(LISTED ENTRIES)

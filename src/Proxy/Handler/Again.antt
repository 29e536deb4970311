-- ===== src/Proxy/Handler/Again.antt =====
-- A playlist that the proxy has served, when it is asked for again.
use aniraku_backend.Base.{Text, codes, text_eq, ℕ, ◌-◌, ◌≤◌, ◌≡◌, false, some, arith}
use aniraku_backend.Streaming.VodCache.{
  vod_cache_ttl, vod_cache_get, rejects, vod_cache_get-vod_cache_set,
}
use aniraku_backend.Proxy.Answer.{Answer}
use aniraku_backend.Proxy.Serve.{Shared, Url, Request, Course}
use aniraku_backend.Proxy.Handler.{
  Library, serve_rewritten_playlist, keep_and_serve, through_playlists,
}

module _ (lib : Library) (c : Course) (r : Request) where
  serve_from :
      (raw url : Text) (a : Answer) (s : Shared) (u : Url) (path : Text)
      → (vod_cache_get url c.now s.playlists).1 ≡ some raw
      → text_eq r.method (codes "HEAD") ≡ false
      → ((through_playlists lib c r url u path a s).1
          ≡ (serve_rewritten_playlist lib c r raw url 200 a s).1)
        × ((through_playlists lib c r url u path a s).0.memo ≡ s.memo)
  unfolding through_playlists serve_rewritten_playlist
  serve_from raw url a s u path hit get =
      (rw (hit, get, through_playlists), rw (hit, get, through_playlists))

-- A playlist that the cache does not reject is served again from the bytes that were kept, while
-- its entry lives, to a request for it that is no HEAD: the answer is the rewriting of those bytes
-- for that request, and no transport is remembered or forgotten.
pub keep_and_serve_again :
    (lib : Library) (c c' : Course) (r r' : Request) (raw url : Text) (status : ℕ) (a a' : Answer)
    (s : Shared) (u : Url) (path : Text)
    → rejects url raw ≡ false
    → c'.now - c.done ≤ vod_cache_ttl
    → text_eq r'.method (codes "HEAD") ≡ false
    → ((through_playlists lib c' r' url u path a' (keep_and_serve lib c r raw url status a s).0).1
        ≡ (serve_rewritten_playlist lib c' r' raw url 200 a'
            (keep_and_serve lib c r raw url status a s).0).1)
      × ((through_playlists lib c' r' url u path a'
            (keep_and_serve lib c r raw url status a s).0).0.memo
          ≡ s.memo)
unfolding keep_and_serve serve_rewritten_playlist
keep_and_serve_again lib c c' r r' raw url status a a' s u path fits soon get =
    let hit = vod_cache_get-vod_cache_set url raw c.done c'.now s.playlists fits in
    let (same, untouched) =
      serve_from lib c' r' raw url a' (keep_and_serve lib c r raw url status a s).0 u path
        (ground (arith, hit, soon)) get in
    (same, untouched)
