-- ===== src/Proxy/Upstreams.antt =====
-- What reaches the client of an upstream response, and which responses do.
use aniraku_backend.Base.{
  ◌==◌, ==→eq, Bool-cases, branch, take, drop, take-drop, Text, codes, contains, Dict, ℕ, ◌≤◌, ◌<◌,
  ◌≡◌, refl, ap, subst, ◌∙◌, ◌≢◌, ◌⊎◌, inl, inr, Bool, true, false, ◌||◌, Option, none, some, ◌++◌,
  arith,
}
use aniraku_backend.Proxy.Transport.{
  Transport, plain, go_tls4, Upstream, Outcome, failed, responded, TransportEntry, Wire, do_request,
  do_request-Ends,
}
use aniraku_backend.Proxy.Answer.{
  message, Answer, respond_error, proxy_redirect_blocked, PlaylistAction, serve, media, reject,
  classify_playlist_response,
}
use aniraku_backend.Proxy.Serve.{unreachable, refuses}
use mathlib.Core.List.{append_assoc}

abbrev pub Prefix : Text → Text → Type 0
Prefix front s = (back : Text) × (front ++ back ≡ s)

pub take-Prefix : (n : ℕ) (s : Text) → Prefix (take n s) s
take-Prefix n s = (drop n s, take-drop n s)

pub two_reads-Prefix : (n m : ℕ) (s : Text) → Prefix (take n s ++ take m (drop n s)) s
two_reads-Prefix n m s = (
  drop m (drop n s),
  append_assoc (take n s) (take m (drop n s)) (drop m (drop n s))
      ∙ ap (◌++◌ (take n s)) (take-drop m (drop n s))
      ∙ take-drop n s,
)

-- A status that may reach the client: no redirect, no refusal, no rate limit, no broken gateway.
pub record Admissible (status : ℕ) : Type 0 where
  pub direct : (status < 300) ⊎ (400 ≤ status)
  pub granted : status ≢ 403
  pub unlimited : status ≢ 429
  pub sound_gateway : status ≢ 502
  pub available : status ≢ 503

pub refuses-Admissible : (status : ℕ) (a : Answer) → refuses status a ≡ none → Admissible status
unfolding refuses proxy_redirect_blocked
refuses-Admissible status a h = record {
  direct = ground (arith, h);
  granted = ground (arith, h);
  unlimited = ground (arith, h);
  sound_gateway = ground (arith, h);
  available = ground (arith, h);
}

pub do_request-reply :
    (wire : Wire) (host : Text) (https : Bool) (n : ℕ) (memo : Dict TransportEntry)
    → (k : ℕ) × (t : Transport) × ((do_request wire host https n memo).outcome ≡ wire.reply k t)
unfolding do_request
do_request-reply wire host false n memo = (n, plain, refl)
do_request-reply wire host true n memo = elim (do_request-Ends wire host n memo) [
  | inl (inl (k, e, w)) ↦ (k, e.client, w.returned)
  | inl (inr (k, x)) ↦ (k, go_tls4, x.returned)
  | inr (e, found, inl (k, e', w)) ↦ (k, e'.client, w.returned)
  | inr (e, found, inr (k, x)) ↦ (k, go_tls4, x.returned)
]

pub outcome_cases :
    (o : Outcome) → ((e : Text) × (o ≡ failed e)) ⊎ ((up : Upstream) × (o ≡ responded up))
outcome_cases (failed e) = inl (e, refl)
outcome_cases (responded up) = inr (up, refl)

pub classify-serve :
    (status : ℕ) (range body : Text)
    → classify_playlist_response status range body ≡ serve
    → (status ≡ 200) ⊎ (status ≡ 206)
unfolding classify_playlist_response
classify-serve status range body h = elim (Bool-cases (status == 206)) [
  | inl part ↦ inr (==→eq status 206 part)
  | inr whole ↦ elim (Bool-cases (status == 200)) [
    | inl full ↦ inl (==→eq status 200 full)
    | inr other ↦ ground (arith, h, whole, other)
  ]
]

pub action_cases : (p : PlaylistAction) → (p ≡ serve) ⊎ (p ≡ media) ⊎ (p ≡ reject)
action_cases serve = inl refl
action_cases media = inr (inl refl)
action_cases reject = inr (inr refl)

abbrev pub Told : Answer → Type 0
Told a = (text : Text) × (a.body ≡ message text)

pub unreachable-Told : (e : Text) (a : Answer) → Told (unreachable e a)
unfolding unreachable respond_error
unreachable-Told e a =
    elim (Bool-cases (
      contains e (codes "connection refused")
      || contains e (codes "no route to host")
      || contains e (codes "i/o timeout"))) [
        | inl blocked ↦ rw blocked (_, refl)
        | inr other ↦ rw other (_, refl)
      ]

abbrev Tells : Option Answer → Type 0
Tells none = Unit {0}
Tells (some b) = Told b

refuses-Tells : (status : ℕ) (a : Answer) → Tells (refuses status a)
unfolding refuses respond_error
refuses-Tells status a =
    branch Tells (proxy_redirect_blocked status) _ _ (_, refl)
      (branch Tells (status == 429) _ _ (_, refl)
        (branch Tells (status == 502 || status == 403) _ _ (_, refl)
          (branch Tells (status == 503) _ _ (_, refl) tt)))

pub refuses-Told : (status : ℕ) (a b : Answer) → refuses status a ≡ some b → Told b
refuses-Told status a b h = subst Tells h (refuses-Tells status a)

(End LISTED ENTRIES)

WHAT YOU ARE ASKED TO DO -
Copy every entry exactly. Leave nothing out.

RESPONSE TO THIS TASK -
filename src/Proxy/Handler/Again.antt
repository 29e536deb4970311
-- ===== src/Proxy/Handler/Again.antt =====
-- A playlist that the proxy has served, when it is asked for again.
use aniraku_backend.Base.{Text, codes, text_eq, ℕ, ◌-◌, ◌≤◌, ◌≡◌, false, some, arith}
use aniraku_backend.Streaming.VodCache.{
  vod_cache_ttl, vod_cache_get, rejects, vod_cache_get-vod_cache_set,
}
use aniraku_backend.Proxy.Answer.{Answer}
use aniraku_backend.Proxy.Serve.{Shared, Url, Request, Course}
use aniraku_backend.Proxy.Handler.{
  Library, serve_rewritten_playlist, keep_and_serve, through_playlists,
}

module _ (lib : Library) (c : Course) (r : Request) where
  serve_from :
      (raw url : Text) (a : Answer) (s : Shared) (u : Url) (path : Text)
      → (vod_cache_get url c.now s.playlists).1 ≡ some raw
      → text_eq r.method (codes "HEAD") ≡ false
      → ((through_playlists lib c r url u path a s).1
          ≡ (serve_rewritten_playlist lib c r raw url 200 a s).1)
        × ((through_playlists lib c r url u path a s).0.memo ≡ s.memo)
  unfolding through_playlists serve_rewritten_playlist
  serve_from raw url a s u path hit get =
      (rw (hit, get, through_playlists), rw (hit, get, through_playlists))

-- A playlist that the cache does not reject is served again from the bytes that were kept, while
-- its entry lives, to a request for it that is no HEAD: the answer is the rewriting of those bytes
-- for that request, and no transport is remembered or forgotten.
pub keep_and_serve_again :
    (lib : Library) (c c' : Course) (r r' : Request) (raw url : Text) (status : ℕ) (a a' : Answer)
    (s : Shared) (u : Url) (path : Text)
    → rejects url raw ≡ false
    → c'.now - c.done ≤ vod_cache_ttl
    → text_eq r'.method (codes "HEAD") ≡ false
    → ((through_playlists lib c' r' url u path a' (keep_and_serve lib c r raw url status a s).0).1
        ≡ (serve_rewritten_playlist lib c' r' raw url 200 a'
            (keep_and_serve lib c r raw url status a s).0).1)
      × ((through_playlists lib c' r' url u path a'
            (keep_and_serve lib c r raw url status a s).0).0.memo
          ≡ s.memo)
unfolding keep_and_serve serve_rewritten_playlist
keep_and_serve_again lib c c' r r' raw url status a a' s u path fits soon get =
    let hit = vod_cache_get-vod_cache_set url raw c.done c'.now s.playlists fits in
    let (same, untouched) =
      serve_from lib c' r' raw url a' (keep_and_serve lib c r raw url status a s).0 u path
        (ground (arith, hit, soon)) get in
    (same, untouched)
-- ===== src/Proxy/Upstreams.antt =====
-- What reaches the client of an upstream response, and which responses do.
use aniraku_backend.Base.{
  ◌==◌, ==→eq, Bool-cases, branch, take, drop, take-drop, Text, codes, contains, Dict, ℕ, ◌≤◌, ◌<◌,
  ◌≡◌, refl, ap, subst, ◌∙◌, ◌≢◌, ◌⊎◌, inl, inr, Bool, true, false, ◌||◌, Option, none, some, ◌++◌,
  arith,
}
use aniraku_backend.Proxy.Transport.{
  Transport, plain, go_tls4, Upstream, Outcome, failed, responded, TransportEntry, Wire, do_request,
  do_request-Ends,
}
use aniraku_backend.Proxy.Answer.{
  message, Answer, respond_error, proxy_redirect_blocked, PlaylistAction, serve, media, reject,
  classify_playlist_response,
}
use aniraku_backend.Proxy.Serve.{unreachable, refuses}
use mathlib.Core.List.{append_assoc}

abbrev pub Prefix : Text → Text → Type 0
Prefix front s = (back : Text) × (front ++ back ≡ s)

pub take-Prefix : (n : ℕ) (s : Text) → Prefix (take n s) s
take-Prefix n s = (drop n s, take-drop n s)

pub two_reads-Prefix : (n m : ℕ) (s : Text) → Prefix (take n s ++ take m (drop n s)) s
two_reads-Prefix n m s = (
  drop m (drop n s),
  append_assoc (take n s) (take m (drop n s)) (drop m (drop n s))
      ∙ ap (◌++◌ (take n s)) (take-drop m (drop n s))
      ∙ take-drop n s,
)

-- A status that may reach the client: no redirect, no refusal, no rate limit, no broken gateway.
pub record Admissible (status : ℕ) : Type 0 where
  pub direct : (status < 300) ⊎ (400 ≤ status)
  pub granted : status ≢ 403
  pub unlimited : status ≢ 429
  pub sound_gateway : status ≢ 502
  pub available : status ≢ 503

pub refuses-Admissible : (status : ℕ) (a : Answer) → refuses status a ≡ none → Admissible status
unfolding refuses proxy_redirect_blocked
refuses-Admissible status a h = record {
  direct = ground (arith, h);
  granted = ground (arith, h);
  unlimited = ground (arith, h);
  sound_gateway = ground (arith, h);
  available = ground (arith, h);
}

pub do_request-reply :
    (wire : Wire) (host : Text) (https : Bool) (n : ℕ) (memo : Dict TransportEntry)
    → (k : ℕ) × (t : Transport) × ((do_request wire host https n memo).outcome ≡ wire.reply k t)
unfolding do_request
do_request-reply wire host false n memo = (n, plain, refl)
do_request-reply wire host true n memo = elim (do_request-Ends wire host n memo) [
  | inl (inl (k, e, w)) ↦ (k, e.client, w.returned)
  | inl (inr (k, x)) ↦ (k, go_tls4, x.returned)
  | inr (e, found, inl (k, e', w)) ↦ (k, e'.client, w.returned)
  | inr (e, found, inr (k, x)) ↦ (k, go_tls4, x.returned)
]

pub outcome_cases :
    (o : Outcome) → ((e : Text) × (o ≡ failed e)) ⊎ ((up : Upstream) × (o ≡ responded up))
outcome_cases (failed e) = inl (e, refl)
outcome_cases (responded up) = inr (up, refl)

pub classify-serve :
    (status : ℕ) (range body : Text)
    → classify_playlist_response status range body ≡ serve
    → (status ≡ 200) ⊎ (status ≡ 206)
unfolding classify_playlist_response
classify-serve status range body h = elim (Bool-cases (status == 206)) [
  | inl part ↦ inr (==→eq status 206 part)
  | inr whole ↦ elim (Bool-cases (status == 200)) [
    | inl full ↦ inl (==→eq status 200 full)
    | inr other ↦ ground (arith, h, whole, other)
  ]
]

pub action_cases : (p : PlaylistAction) → (p ≡ serve) ⊎ (p ≡ media) ⊎ (p ≡ reject)
action_cases serve = inl refl
action_cases media = inr (inl refl)
action_cases reject = inr (inr refl)

abbrev pub Told : Answer → Type 0
Told a = (text : Text) × (a.body ≡ message text)

pub unreachable-Told : (e : Text) (a : Answer) → Told (unreachable e a)
unfolding unreachable respond_error
unreachable-Told e a =
    elim (Bool-cases (
      contains e (codes "connection refused")
      || contains e (codes "no route to host")
      || contains e (codes "i/o timeout"))) [
        | inl blocked ↦ rw blocked (_, refl)
        | inr other ↦ rw other (_, refl)
      ]

abbrev Tells : Option Answer → Type 0
Tells none = Unit {0}
Tells (some b) = Told b

refuses-Tells : (status : ℕ) (a : Answer) → Tells (refuses status a)
unfolding refuses respond_error
refuses-Tells status a =
    branch Tells (proxy_redirect_blocked status) _ _ (_, refl)
      (branch Tells (status == 429) _ _ (_, refl)
        (branch Tells (status == 502 || status == 403) _ _ (_, refl)
          (branch Tells (status == 503) _ _ (_, refl) tt)))

pub refuses-Told : (status : ℕ) (a b : Answer) → refuses status a ≡ some b → Told b
refuses-Told status a b h = subst Tells h (refuses-Tells status a)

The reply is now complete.